WS Bodey was a man of solid reputation living in Poughkeepsie, New York. He was a tin manufacturer with a shop on Main Street but he craved adventure and excitement. In 1848, after hearing of gold being discovered in California, Bodey set sail for the west coast in search of his own fortune. Ten years later, he would find both it and tragedy in equal measure. In 1859, east of Mono Lake, Bodey discovered gold.

It was a find that sparked a rush and birthed a town. Unfortunately, the man the town was named after – the name changing from Bodey to Bodie over time – would never actually get to see it flourish. In November of the same year, while on a supply trip to nearby Monoville, Bodey got lost in a blizzard. When he eventually couldn’t continue, his companion left him to his fate. He froze to death with his body not found until the following spring.

BOOM TIME FOR BODIE

While there was gold in the hills, Bodie still struggled to prosper as nearby towns thrived. It remained more of a mining camp than a bona fide town. But when significant gold-bearing ore was discovered in 1876, it was transformed into a genuine Wild West boomtown. And boy, was it wild.

By 1879 there was a population of nearly 7,000, with a Wells Fargo bank, four volunteer fire companies, several newspapers and a mile long main street boasting 65 saloons. Nights were lively and, after a long day searching for gold, the get-rich-quick prospectors would head into town to the saloons. Murders, shootouts, bar room brawls and stagecoach hold-ups were commonplace. Newspapers later reported that, after a night in Bodie, people would regularly ask: “Have a man for breakfast?” It meant: did anybody get killed last night?

THE GOLD RUNS OUT

Unfortunately for Bodie, as soon as the gold went, so did the majority of the people. Such was a prospector’s life. Mainly single men, when the precious metal went, so did they; off in search of the next boom, the next fortune.
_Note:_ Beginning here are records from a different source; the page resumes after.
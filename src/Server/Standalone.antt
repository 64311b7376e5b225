-- ===== src/Server/Standalone.antt =====
-- Requests that a node without Raft answers itself.
use time_series_cardinality.Base.{
  ℕ, ◌≡◌, ◌≢◌, refl, ◌∙◌, ap, inl, inr, [], Bytes, arith, Option-cases, true, false, bytes_eq,
  bytes_eqb_iff, ◌==◌, Option, none, some,
}
use time_series_cardinality.Map.{lookup, lookup-insert_self}
use time_series_cardinality.External.{Murmur}
use time_series_cardinality.Errors.{Error, internal, engine_add, Result, ok, err}
use time_series_cardinality.Sketch.{SketchOps, Algorithm}
use time_series_cardinality.Engine.{Engine, sketch_of, added}
use time_series_cardinality.Engine.Snapshots.{cardinality_known}
use time_series_cardinality.Store.{Badger, BadgerStore, save, load}
use time_series_cardinality.Store.Laws.{IsBadger, load_saved}
use time_series_cardinality.Server.{
  Server, Network, Config, finish, peer_of, add_owned, add_id, add_body, add, query_body,
  query_owned, query, AddResponse, add_method,
}
use time_series_cardinality.Server.Forwarding.{finish-same}

module _ (o : SketchOps) (alg : Algorithm o) (Db : Type 0) {W : Type 0} (net : Network W)
    (badger : Badger Db) (m : Murmur) (config : Config W) (group : Bytes) where
  -- The group's sketch after the add, and what Save makes of it.
  abbrev pub next_sketch : ℕ → Server o alg Db net → o.Sketch
  next_sketch id s = o.add (sketch_of o alg group s.engine) id

  abbrev pub saved : ℕ → Server o alg Db net → Option Error × BadgerStore Db
  saved id s = save badger group (o.bytes (next_sketch id s)) s.store

  -- One id on the engine and in the store: the engine has it, whether or not Save failed.
  pub record Stored (id : ℕ) (s t : Server o alg Db net) : Type 0 where
    pub engine : t.engine ≡ added o alg group id s.engine
    pub store : t.store ≡ (saved id s).1

  -- What Add answers from what Save returned.
  abbrev pub answered : Option Error → Result AddResponse
  answered none = ok (record { ok = true })
  answered (some x) = err (internal engine_add x)

  some_name : group ≢ [] → (group == []) ≡ false
  some_name named = ground (arith, bytes_eqb_iff group [])

  -- Query of a named group on a node that answers itself, with Raft or without.
  pub query_own :
      peer_of m config group ≡ none
      → group ≢ []
      → (s : Server o alg Db net)
      → (query o alg Db net badger m config group s).0
        ≡ ok (query_owned o alg Db net badger m config group s)
  unfolding query query_body finish
  query_own own named s = rw (some_name named, own) refl

  module _ (own : peer_of m config group ≡ none) (alone : config.node ≡ none) where
    pub add_id_standalone :
        (method : Bytes) (id : ℕ) (s : Server o alg Db net)
        → ((saved id s).0 ≡ none → (add_id o alg Db net badger m config method group id s).0 ≡ none)
          × ((x : Error)
              → (saved id s).0 ≡ some x
              → (add_id o alg Db net badger m config method group id s).0
                ≡ some (internal engine_add x))
          × Stored id s (add_id o alg Db net badger m config method group id s).1
    unfolding add_id add_owned added
    add_id_standalone method id s = elim (Option-cases (saved id s).0) [
      | inl fine ↦
          rw (own, add_id)
            (rw (alone, add_owned)
              (rw (fine, add_owned)
                (λ h. refl, λ x bad. cc bad, record { engine = refl; store = refl })))
      | inr (y, failed) ↦
          rw (own, add_id)
            (rw (alone, add_owned)
              (rw (failed, add_owned)
                (λ fine. cc fine, λ x bad. cc bad, record { engine = refl; store = refl })))
    ]

    module _ (named : group ≢ []) where
      add_body-standalone :
          (id : ℕ) (s : Server o alg Db net)
          → ((saved id s).0 ≡ none
              → (add_body o alg Db net badger m config group id s).0.0 ≡ ok (record { ok = true }))
            × ((x : Error)
                → (saved id s).0 ≡ some x
                → (add_body o alg Db net badger m config group id s).0.0
                  ≡ err (internal engine_add x))
            × ((add_body o alg Db net badger m config group id s).1
                ≡ (add_id o alg Db net badger m config add_method group id s).1)
      unfolding add_body
      add_body-standalone id s =
          let (fine, failed, stored) = add_id_standalone add_method id s in
          elim (Option-cases (add_id o alg Db net badger m config add_method group id s).0) [
            | inl passed ↦
                rw (some_name named, passed) (λ h. refl, λ x bad. cc (passed, failed x bad), refl)
            | inr (y, stopped) ↦
                rw (some_name named, stopped)
                  (λ h. cc (stopped, fine h), λ x bad. cc (stopped, failed x bad), refl)
          ]

      add_cases :
          (id : ℕ) (s : Server o alg Db net)
          → ((saved id s).0 ≡ none
              → (add o alg Db net badger m config group id s).0 ≡ ok (record { ok = true }))
            × ((x : Error)
                → (saved id s).0 ≡ some x
                → (add o alg Db net badger m config group id s).0 ≡ err (internal engine_add x))
            × Stored id s (add o alg Db net badger m config group id s).1
      unfolding add
      add_cases id s =
          let (fine, failed, stored) = add_id_standalone add_method id s in
          let (fine', failed', same) = add_body-standalone id s in
          let (e, kept, st) =
            finish-same o alg Db net badger m config add_method
              (add_body o alg Db net badger m config group id s) in
          (
            λ h. e ∙ fine' h,
            λ x h. e ∙ failed' x h,
            record {
              engine = kept ∙ ap (λ (u : Server o alg Db net). u.engine) same ∙ stored.engine;
              store = st ∙ ap (λ (u : Server o alg Db net). u.store) same ∙ stored.store;
            },
          )

      -- Add for a named group on a node that answers itself, without Raft: it returns ok if Save
      -- returns nil, and else the error of Save behind codes.Internal. On either way the id is in the
      -- engine, and the store is what Save made of the group's new sketch.
      pub add_standalone :
          (id : ℕ) (s : Server o alg Db net)
          → ((add o alg Db net badger m config group id s).0 ≡ answered (saved id s).0)
            × Stored id s (add o alg Db net badger m config group id s).1
      add_standalone id s =
          let (fine, failed, stored) = add_cases id s in
          elim (Option-cases (saved id s).0) [
            | inl kept ↦ rw kept (fine kept, stored)
            | inr (x, bad) ↦ rw bad (failed x bad, stored)
          ]

      query_known :
          (s : Server o alg Db net) {sk : o.Sketch}
          → lookup group s.engine.groups ≡ some sk
          → query_owned o alg Db net badger m config group s
            ≡ record { group = group; cardinality = o.cardinality sk }
      unfolding query_owned
      query_known s found = rw (cardinality_known o alg group s.engine found) refl

      -- On a node that answers itself, without Raft, and for a named group: after an Add whose Save
      -- returned nil, Query answers with the count of the sketch that has the id, and the store
      -- holds exactly that sketch's bytes.
      pub query-add :
          (id : ℕ) (s : Server o alg Db net)
          → IsBadger badger
          → (saved id s).0 ≡ none
          → ((query o alg Db net badger m config group
                (add o alg Db net badger m config group id s).1).0
              ≡ ok (record { group = group; cardinality = o.cardinality (next_sketch id s) }))
            × (load badger group (add o alg Db net badger m config group id s).1.store
                ≡ ok (o.bytes (next_sketch id s)))
      query-add id s law fine =
          let (_, _, stored) = add_cases id s in
          let t = (add o alg Db net badger m config group id s).1 in
          (
            query_own own named t
                ∙ ap ok (
                    query_known t (
                      ap (λ (e : Engine o alg). lookup group e.groups) stored.engine
                      ∙ unfold added in lookup-insert_self group _ s.engine.groups)),
            ap (load badger group) stored.store
                ∙ (load_saved badger law group (o.bytes (next_sketch id s)) s.store fine).0,
          )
After a steady decline, a 1910 census gave Bodie’s population as just 698 – mainly families who had stayed behind after the rush. In 1912 the last edition of the last local newspaper ran off the presses while 1915 saw the first recorded note of Bodie as a ‘ghost town’ – in an article rebutting the notion – in the San Francisco Chronicle. However, by 1917, the town’s railway has been abandoned and the iron tracks scrapped. By 1920 there were officially just 120 people left, although the town still had a few inhabitants up until 1943.

THE HERITAGE SITE

After suffering from the threat of vandalism in the 1940s, caretakers were sent to look after Bodie by the Cain family, who owned much of the land. It was designated a national historic landmark in 1961 and became Bodie State Historic Park – an official gold rush ghost town – the following year, preserved in a state of arrested decay. It now attracts more than 20,000 visitors a year.